4
votes

What do you recommend in the following scenario:

I have an azure table called Users where as columns are:

  • PrimaryKey
  • RowKey
  • Timestamp
  • FirstName
  • LastName
  • Email
  • Phone

Then there are different types of tasks for each user let's call them TaskType1 and TaskType2.

Both task types have common columns but then have also type specific columns like this:

  • PrimaryKey (this is the same as the Users PrimaryKey to find all tasks belonging to one user)
  • RowKey
  • Timestamp
  • Name
  • DueDate
  • Description
  • Priority

then TaskType1 has additional columns:

  • EstimationCompletionDate
  • IsFeasible

and TaskType2 has it's own specific column:

  • EstimatedCosts

I know I can store both types in the same table and my question is:

If I use different tables for TaskType1 and TaskType2 what will be the impact in transactions costs? I will guess that if I have 2 tables for each task type and then I will issue a query like: get me all tasks where the task Primarykey is equal to a specific user from Users table PrimaryKey then I will have to run 2 queries for each types (because users can have both tasks type) that means more transactions ... instead if both tasks are in the same table then it will be like 1 query (in the limit of 1000 after pagination transactions) because I will get all the rows where the PartitionKey is the user PartitionKey so the partition is not split that means 1 transaction right?

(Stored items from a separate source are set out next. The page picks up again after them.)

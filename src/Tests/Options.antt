-- ===== src/Tests/Options.antt =====
-- Options that pass their validation.
use blockstorageingestor.Prelude.{
  pos, ◌*◌, ◌≡◌, refl, ◌⊎◌, false, [], ◌∷◌, ◌++◌, nat_eq, contains, Str, codes, str_beq, str_eq,
}
use blockstorageingestor.Errors.{ok}
use blockstorageingestor.Bucket.S3.Config.{Config, SseConfig, HttpConfig, HttpOptions, validate}
use blockstorageingestor.Bucket.S3.ClientConfig.{new_s3_config}
use blockstorageingestor.Bucket.S3.Config.Laws.{Succeeds, validate-new_s3_config}
use blockstorageingestor.Bucket.Client.{
  Providers, BackendConfig, validate_backend, new_client, new_s3_bucket, finish, s3, gcs, azure,
  swift, filesystem,
}
use blockstorageingestor.Bucket.Client.Laws.{new_client_lem}
use blockstorageingestor.Tsdb.Config.{Chunks, TsdbConfig, validate_tsdb}
use blockstorageingestor.Tsdb.Config.Laws.{IsValid, validate_tsdb-IsValid}
use blockstorageingestor.Tsdb.Config.Caches.{
  CacheLibrary, IndexCacheConfig, MemcachedClientConfig, validate_index_cache, new_index_cache,
  inmemory, memcached, redis,
}
use blockstorageingestor.Tests.Data.{library, library-IsMembership, alice}

abbrev pub http : HttpOptions
http = record {
  idle_conn_timeout = pos 90;
  response_header_timeout = pos 120;
  insecure_skip_verify = false;
  tls_handshake_timeout = pos 10;
  expect_continue_timeout = pos 1;
  max_idle_conns = pos 100;
  max_idle_conns_per_host = pos 100;
  max_conns_per_host = pos 0;
}

abbrev pub s3_config : Config library
s3_config = record {
  endpoint = codes "s3";
  region = [];
  bucket_name = codes "blocks";
  secret_access_key = [];
  access_key_id = [];
  insecure = false;
  signature_version = codes "v4";
  bucket_lookup_type = codes "path";
  sse = record { type = codes "SSE-KMS"; kms_key_id = alice; kms_encryption_context = [] };
  http = record { config = http; transport = tt };
}

s3_config_valid : validate library s3_config ≡ ok tt
unfolding validate blockstorageingestor.Bucket.S3.Config.validate_sse
    blockstorageingestor.Bucket.S3.Config.parse_kms_encryption_context str_beq
s3_config_valid = refl

validate-new_s3_config_example : Succeeds (new_s3_config library s3_config)
validate-new_s3_config_example =
    validate-new_s3_config library library-IsMembership s3_config s3_config_valid

abbrev pub chunk_bounds : Chunks
chunk_bounds = record {
  min_write_buffer_size = 64 * 1024;
  max_write_buffer_size = 8 * 1024 * 1024;
  decimal = λ n. n ∷ [];
}

-- The defaults of the flags.
abbrev pub tsdb_config : TsdbConfig
tsdb_config = record {
  dir = codes "tsdb";
  block_ranges = pos (2 * 60 * 60 * 1000000000) ∷ [];
  retention = pos (6 * 60 * 60 * 1000000000);
  ship_interval = pos (60 * 1000000000);
  ship_concurrency = pos 10;
  head_compaction_interval = pos (60 * 1000000000);
  head_compaction_concurrency = pos 5;
  head_compaction_idle_timeout = pos (60 * 60 * 1000000000);
  head_chunks_write_buffer_size = pos (4 * 1024 * 1024);
  stripe_size = pos 16384;
  wal_compression_enabled = false;
  wal_segment_size_bytes = pos (128 * 1024 * 1024);
  flush_blocks_on_shutdown = false;
  close_idle_tsdb_timeout = pos 0;
  head_chunks_write_queue_size = pos 0;
  max_tsdb_opening_concurrency_on_startup = pos 10;
  keep_user_tsdb_open_on_shutdown = false;
  close_idle_tsdb_interval = pos 0;
  max_exemplars = pos 0;
  memory_snapshot_on_shutdown = false;
  out_of_order_cap_max = pos 32;
}

tsdb_config_valid : validate_tsdb chunk_bounds tsdb_config ≡ ok tt
unfolding validate_tsdb blockstorageingestor.Tsdb.Config.Bits.land
tsdb_config_valid = refl

validate_tsdb-IsValid_example : IsValid chunk_bounds tsdb_config
validate_tsdb-IsValid_example =
    validate_tsdb-IsValid chunk_bounds tsdb_config refl tsdb_config_valid

abbrev pub cache_library : CacheLibrary
cache_library = record {
  strings_contain = contains;
  RedisClientConfig = Str;
  validate_redis = λ r. ok tt;
}

abbrev memcached_options : MemcachedClientConfig
memcached_options = record {
  addresses = codes "dns+m:11211";
  timeout = pos 100;
  max_idle_connections = pos 16;
  max_async_concurrency = pos 50;
  max_async_buffer_size = pos 10000;
  max_get_multi_concurrency = pos 100;
  max_get_multi_batch_size = pos 0;
  max_item_size = pos 1048576;
  auto_discovery = false;
}

abbrev pub cache_config : IndexCacheConfig cache_library
cache_config = record {
  backend = codes "memcached";
  max_size_bytes = 1;
  memcached = memcached_options;
  redis = [];
}

pub cache_config_valid : validate_index_cache cache_library cache_config ≡ ok tt
unfolding validate_index_cache blockstorageingestor.Tsdb.Config.Caches.validate_memcached
    blockstorageingestor.Tsdb.Config.Caches.get_addresses blockstorageingestor.Go.Strings.split
    str_beq
cache_config_valid = refl

-- Clients that are named by how they were made.
abbrev providers : Providers library
providers = record {
  Client = Str;
  new_bucket_with_config = λ c n. ok n;
  retrying = λ c. codes "retrying " ++ c;
  Gcs = Unit {0};
  new_gcs = λ c n. ok n;
  Azure = Unit {0};
  new_azure = λ c n. ok n;
  Swift = Unit {0};
  new_swift = λ c n. ok n;
  Filesystem = Str;
  new_filesystem = λ c. ok c;
  with_metrics = λ c n. c;
  tracing = λ c. c;
}

abbrev backend_config : BackendConfig library providers
backend_config = record {
  backend = codes "s3";
  s3_options = s3_config;
  gcs_options = tt;
  azure_options = tt;
  swift_options = tt;
  filesystem_options = codes "/data";
  middlewares = (λ c. ok c) ∷ [];
  extra_backends = codes "vault" ∷ [];
}

backend_config_valid : validate_backend library providers backend_config ≡ ok tt
unfolding validate_backend validate blockstorageingestor.Bucket.S3.Config.validate_sse
    blockstorageingestor.Bucket.S3.Config.parse_kms_encryption_context str_beq
backend_config_valid = refl

not_added : contains backend_config.extra_backends backend_config.backend ≡ false
unfolding str_beq
not_added = refl

new_client_lem_example :
    let cfg = backend_config in
    let made = new_client library providers cfg alice in
    let done = finish library providers cfg alice in
    ((cfg.backend ≡ s3)
      × (made ≡ done (new_s3_bucket library providers s3_config alice))
      × Succeeds (new_s3_config library s3_config))
    ⊎ ((cfg.backend ≡ gcs) × (made ≡ done (ok alice)))
    ⊎ ((cfg.backend ≡ azure) × (made ≡ done (ok alice)))
    ⊎ ((cfg.backend ≡ swift) × (made ≡ done (ok alice)))
    ⊎ ((cfg.backend ≡ filesystem) × (made ≡ done (ok (codes "/data"))))
new_client_lem_example =
    new_client_lem library library-IsMembership providers backend_config alice backend_config_valid
      not_added
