-- ===== src/Tests/Prefixes.antt =====
-- The deletion of a directory of the bucket in memory.
use blockstorageingestor.Prelude.{
  ◌≡◌, refl, true, false, none, [], ◌∷◌, arith, nat_eq, codes, str_beq, str_beq_iff, str_eq,
}
use blockstorageingestor.Errors.{ok}
use blockstorageingestor.Exec.{for_each}
use blockstorageingestor.Go.Strings.{has_suffix}
use blockstorageingestor.Objstore.Listing.{below, as_dir}
use blockstorageingestor.Objstore.Listing.Removed.{Removed}
use blockstorageingestor.Objstore.Memory.{
  memory, memory_reading, memory-IsReliable, memory-IsListing, Objects, lookup, remove, listed,
  found,
}
use blockstorageingestor.Bucket.DeletePrefix.{delete_prefix, delete_entry}
use blockstorageingestor.Bucket.DeletePrefix.Laws.{Bounded, delete_prefix_lem}

abbrev nested : Objects
nested =
    (codes "a/x", codes "1")
    ∷ (codes "a/b/y", codes "2")
    ∷ (codes "ab", codes "3")
    ∷ (codes "a/b/z", codes "4")
    ∷ []

nested-Bounded : Bounded memory memory_reading memory-IsReliable memory-IsListing true none 5 nested
unfolding lookup
nested-Bounded m h = ground (
  arith,
  h,
  str_beq_iff m (codes "a/x"),
  str_beq_iff m (codes "a/b/y"),
  str_beq_iff m (codes "ab"),
  str_beq_iff m (codes "a/b/z"),
)

delete_prefix_test :
    (delete_prefix memory 6 true none (codes "a") nested).1.0 ≡ (codes "ab", codes "3") ∷ []
unfolding delete_prefix delete_entry listed remove lookup for_each as_dir str_beq has_suffix found
delete_prefix_test = refl

delete_prefix_lem_example :
    let out = delete_prefix memory 6 true none (codes "a") nested in
    (out.0 ≡ ok tt)
    × (out.1.1.ran_out ≡ false)
    × Removed memory memory_reading true (below (codes "a")) nested out.1.0 out.1.1.result
delete_prefix_lem_example =
    delete_prefix_lem memory memory_reading memory-IsReliable memory-IsListing true none 5
      (codes "a") nested nested-Bounded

So did I understood it right that I will have more transactions if I store the tasks in different tables .. ?

1

1 Answers

6
votes

Your understanding is completely correct. Having the tasks split into 2 separate tables would mean 2 separate queries thus 2 transactions (let's keep more than 1000 entities out of equation for now). Though transaction cost is one reason to keep them in the same table, there are other reasons too:

  • By keeping them in the same table, you would be making full use of schema-less nature of Azure Table Storage.
  • 2 tables means 2 network calls. Though the service is highly available but you would need to take into consideration a scenario when call to 1st table is successful however call to 2nd table fails. How would your application behave in that scenario? Do you discard the result from the 1st table also? By keeping them in just one table saves you from this scenario.
  • Assuming that you have a scenario in your application where a user could subscribe to both Task 1 and 2 simultaneously. If you keep them in the same table, you can make use of Entity Group Transaction as both entities (one for Task 1 and other for Task 2) will have the same PartitionKey (i.e. User Id). if you keep them in separate tables, you would not be able to take advantage of entity group transactions.

One suggestion I would give is to have a "TaskType" attribute in your Tasks table. That way you would have an easier way of filtering by tasks as well.